Your demo website must also have a server component for setting the HTTP Link Header to the payment-manifest.json. A quick and easy way to do this would be to use the Google Cloud Platform. An example of such a server can be seen at https://emerald-eon.appspot.com/. However, in your own, make sure to include your own custom HTTP Link Header with rel=”payment-method-manifest” attribute. This can be done with this snippet:

app.head('/your_header', function(req, res) {
  res.status(200).links({
    'payment-method-manifest':
    'link_to_your_payment_manifest.json',
  }).end();
});

To check that your header is working as intended, you can run this line in your terminal:

$ curl --head http://your_url/your_header

It should return a 200 status code along with your links.

Creating the BobPay APK

Now lets finally get started on creating the actual payment method itself! To do this, you need the latest version of Android Studio which can be downloaded here:

  1. Creating a new Project

First, lets create a new Project. For simplicity reasons, let’s name our imaginary payment system ‘bobpay’. Since browsers and apps communicate with each other through Intent extras, we need to modify the Android Manifest file to be able to respond. We can do this by adding this code snippet into the AndroidManifest.xml:

<activity android:name=".PaymentActivity">
<intent-filter>
<action android:name="org.chromium.intent.action.PAY" />
</intent-filter>
<meta-data android:name="org.chromium.default_payment_method_name"
android:value="your_server_here"
/>
<meta-data android:name="org.chromium.payment_method_names"
android:resource="@array/method_names"
/>
</activity>

Browsers communicate and pass data to installed applications via Intent extras. By adding this snippet of code, when there is a “PAY” intent, the browser will send the payment details to the PaymentActivity. The meta-data tags identify the default payment method name. The reason you may have multiple meta-data tags is if you wish to provide support for multiple payment methods.

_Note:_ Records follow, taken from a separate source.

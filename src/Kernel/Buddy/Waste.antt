-- ===== src/Kernel/Buddy/Waste.antt =====
-- A request that half of a free memory is large enough for, but not without its header.
use tp_so.Base.{
  ℕ, suc, ◌+◌, ◌*◌, ◌/◌, ◌^◌, ◌≤◌, ◌<◌, ◌≡◌, refl, false, ◌&&◌, ltb, leb, arith, ◌∙◌, lt→ltb,
}
use tp_so.Base.Maybe.{Returns, Returns-map}
use tp_so.Ipc.Buffer.{null}
use tp_so.Kernel.Buddy.{
  BuddyMemoryManager, mem_node_size, block, block_size_for, alloc_rec, max_depth,
  generic_alloc_memory,
}
use tp_so.Kernel.Buddy.Tree.{free, half_of, allocate}
use tp_so.Kernel.Buddy.Frame.{le→ltb, le→leb}
use tp_so.Kernel.Buddy.Total.{alloc_rec-allocate}
use tp_so.Kernel.Buddy.Sizes.{block_size_for-Between}
use tp_so.Kernel.Buddy.Heap.{Heap, Given-whole}

allocate-wasted :
    (d need a s : ℕ)
    → 0 < need
    → 2 * need ≤ s
    → s < 2 * need + 2 * mem_node_size
    → (allocate (suc (suc d)) need a s free).0 ≡ null
unfolding allocate
allocate-wasted d need a s some_need low high =
    rw
      (
        le→ltb s need (omega arith),
        le→leb need (s / 2) (omega arith),
        lt→ltb (half_of s) need (omega arith),
      )
      refl

-- For at most 2^31 bytes, on a heap that is all free and has at least twice the bytes that are looked
-- for, but less than that and two headers, `genericAllocMemory` returns NULL, although the memory has
-- at least the bytes asked for.
pub generic_alloc_memory-wasted :
    (m : BuddyMemoryManager) (size : ℕ)
    → Heap m free
    → size ≤ 2 ^ 31
    → 2 * block_size_for size ≤ (m.nodes m.root).size
    → (m.nodes m.root).size < 2 * block_size_for size + 2 * mem_node_size
    → Returns (λ out. (out.0 ≡ null) × (size ≤ (m.nodes m.root).size)) (generic_alloc_memory m size)
unfolding generic_alloc_memory
generic_alloc_memory-wasted m size h fits low high =
    let need = block_size_for size in
    let s = (m.nodes m.root).size in
    let b = block_size_for-Between size fits in
    let e : (leb block size && ltb s size) ≡ false = ground (arith, b.0, low) in
    rw e (
      Returns-map _ _ (alloc_rec max_depth m m.root need)
        (λ out k. (
          k.returned ∙ allocate-wasted 62 need m.root s (omega (arith, b.1)) low high,
          omega (arith, b.0, low),
        ))
        (alloc_rec-allocate 64 need m m.root s free (omega (arith, b.1)) (Given-whole m free h)
          h.high))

2. Creating the PaymentActivity

Now, let’s create a new Activity. Open the project and head to java/projectName. Right click and create a new Activity. Let’s name it PaymentActivity. This is where the transaction detail in the form of JSON is processed. Here, you can perform error checks such as when the intent is null etc… Just make sure to return the intent back to the browser so it can process the payment. You can do this with this snippet of code:

Intent result = new Intent();
if(!noError){
//Put extras into result here
}
setResult(mError? RESULT_CANCELLED: RESULT_OK, result);
finish();

Optional:

REMINDER: If you did not edit the ‘id’ and ‘value’ in the Demo site manifest, make sure you do so now. ‘id’ is your android package name and ‘value’ is your SHA256 fingerprint. You can find out your fingerprint with:

$ unzip app-release.apk && keytool -printcert -file META-INF/CERT.RSA

And were done! Download Chrome Canary from the Play Store, head on over to your test website, and check out the future of online payments that you created yourself :). Below is a demonstration of the Payment Request API.

Ending Thoughts and Takeaways

The Payment Request API is a huge leap in the world of mobile payments. It has become much more secure and can be processed with just a few taps!

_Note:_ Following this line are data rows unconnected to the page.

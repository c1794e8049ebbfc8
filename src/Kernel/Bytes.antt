-- ===== src/Kernel/Bytes.antt =====
-- Kernel/lib.c: `memset` and `memcpy`, on a memory of bytes by address.
pub mod Copy
use tp_so.Base.{ℕ, zero, suc, ◌+◌, ◌*◌, ◌/◌, ◌%◌, ◌&&◌, ◌==◌, if◌then◌else◌}
use tp_so.Kernel.{update}

abbrev pub Bytes : Type 0
Bytes = ℕ → ℕ

-- `dst[length] = chr` of `memset`, from the last byte to the first.
pub set_bytes : Bytes → ℕ → ℕ → ℕ → Bytes
set_bytes m dst chr zero = m
set_bytes m dst chr (suc length) = set_bytes (update m (dst + length) chr) dst chr length

-- `memset`
pub memset : Bytes → ℕ → ℕ → ℕ → Bytes
memset m dst c length = set_bytes m dst (c % 256) length

-- `d[i] = s[i]` for a word, of which all bytes are read before one is stored.
pub copy_word : Bytes → ℕ → ℕ → Bytes
copy_word m d s =
    update (update (update (update m d (m s)) (d + 1) (m (s + 1))) (d + 2) (m (s + 2))) (d + 3)
      (m (s + 3))

-- The loops of `memcpy`, with the number of rounds that are left.
pub copy_words : Bytes → ℕ → ℕ → ℕ → Bytes
copy_words m d s zero = m
copy_words m d s (suc n) = copy_words (copy_word m d s) (d + 4) (s + 4) n

pub copy_bytes : Bytes → ℕ → ℕ → ℕ → Bytes
copy_bytes m d s zero = m
copy_bytes m d s (suc n) = copy_bytes (update m d (m s)) (d + 1) (s + 1) n

-- `memcpy`
pub memcpy : Bytes → ℕ → ℕ → ℕ → Bytes
memcpy m destination source length =
    if destination % 4 == 0 && source % 4 == 0 && length % 4 == 0
    then copy_words m destination source (length / 4)
    else copy_bytes m destination source length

I would like to thank Rouslan Solomakhin for helping me integrate this. I ran into many difficulties and he guided me through every step of the way. I would also like to thank my team for giving me the opportunity to work on this along with providing support. During my time working on this, I learned you should never be afraid to ask for help. With the internet, you have the power to contact experts from across the world. Just remember to be courteous and respectful of their time!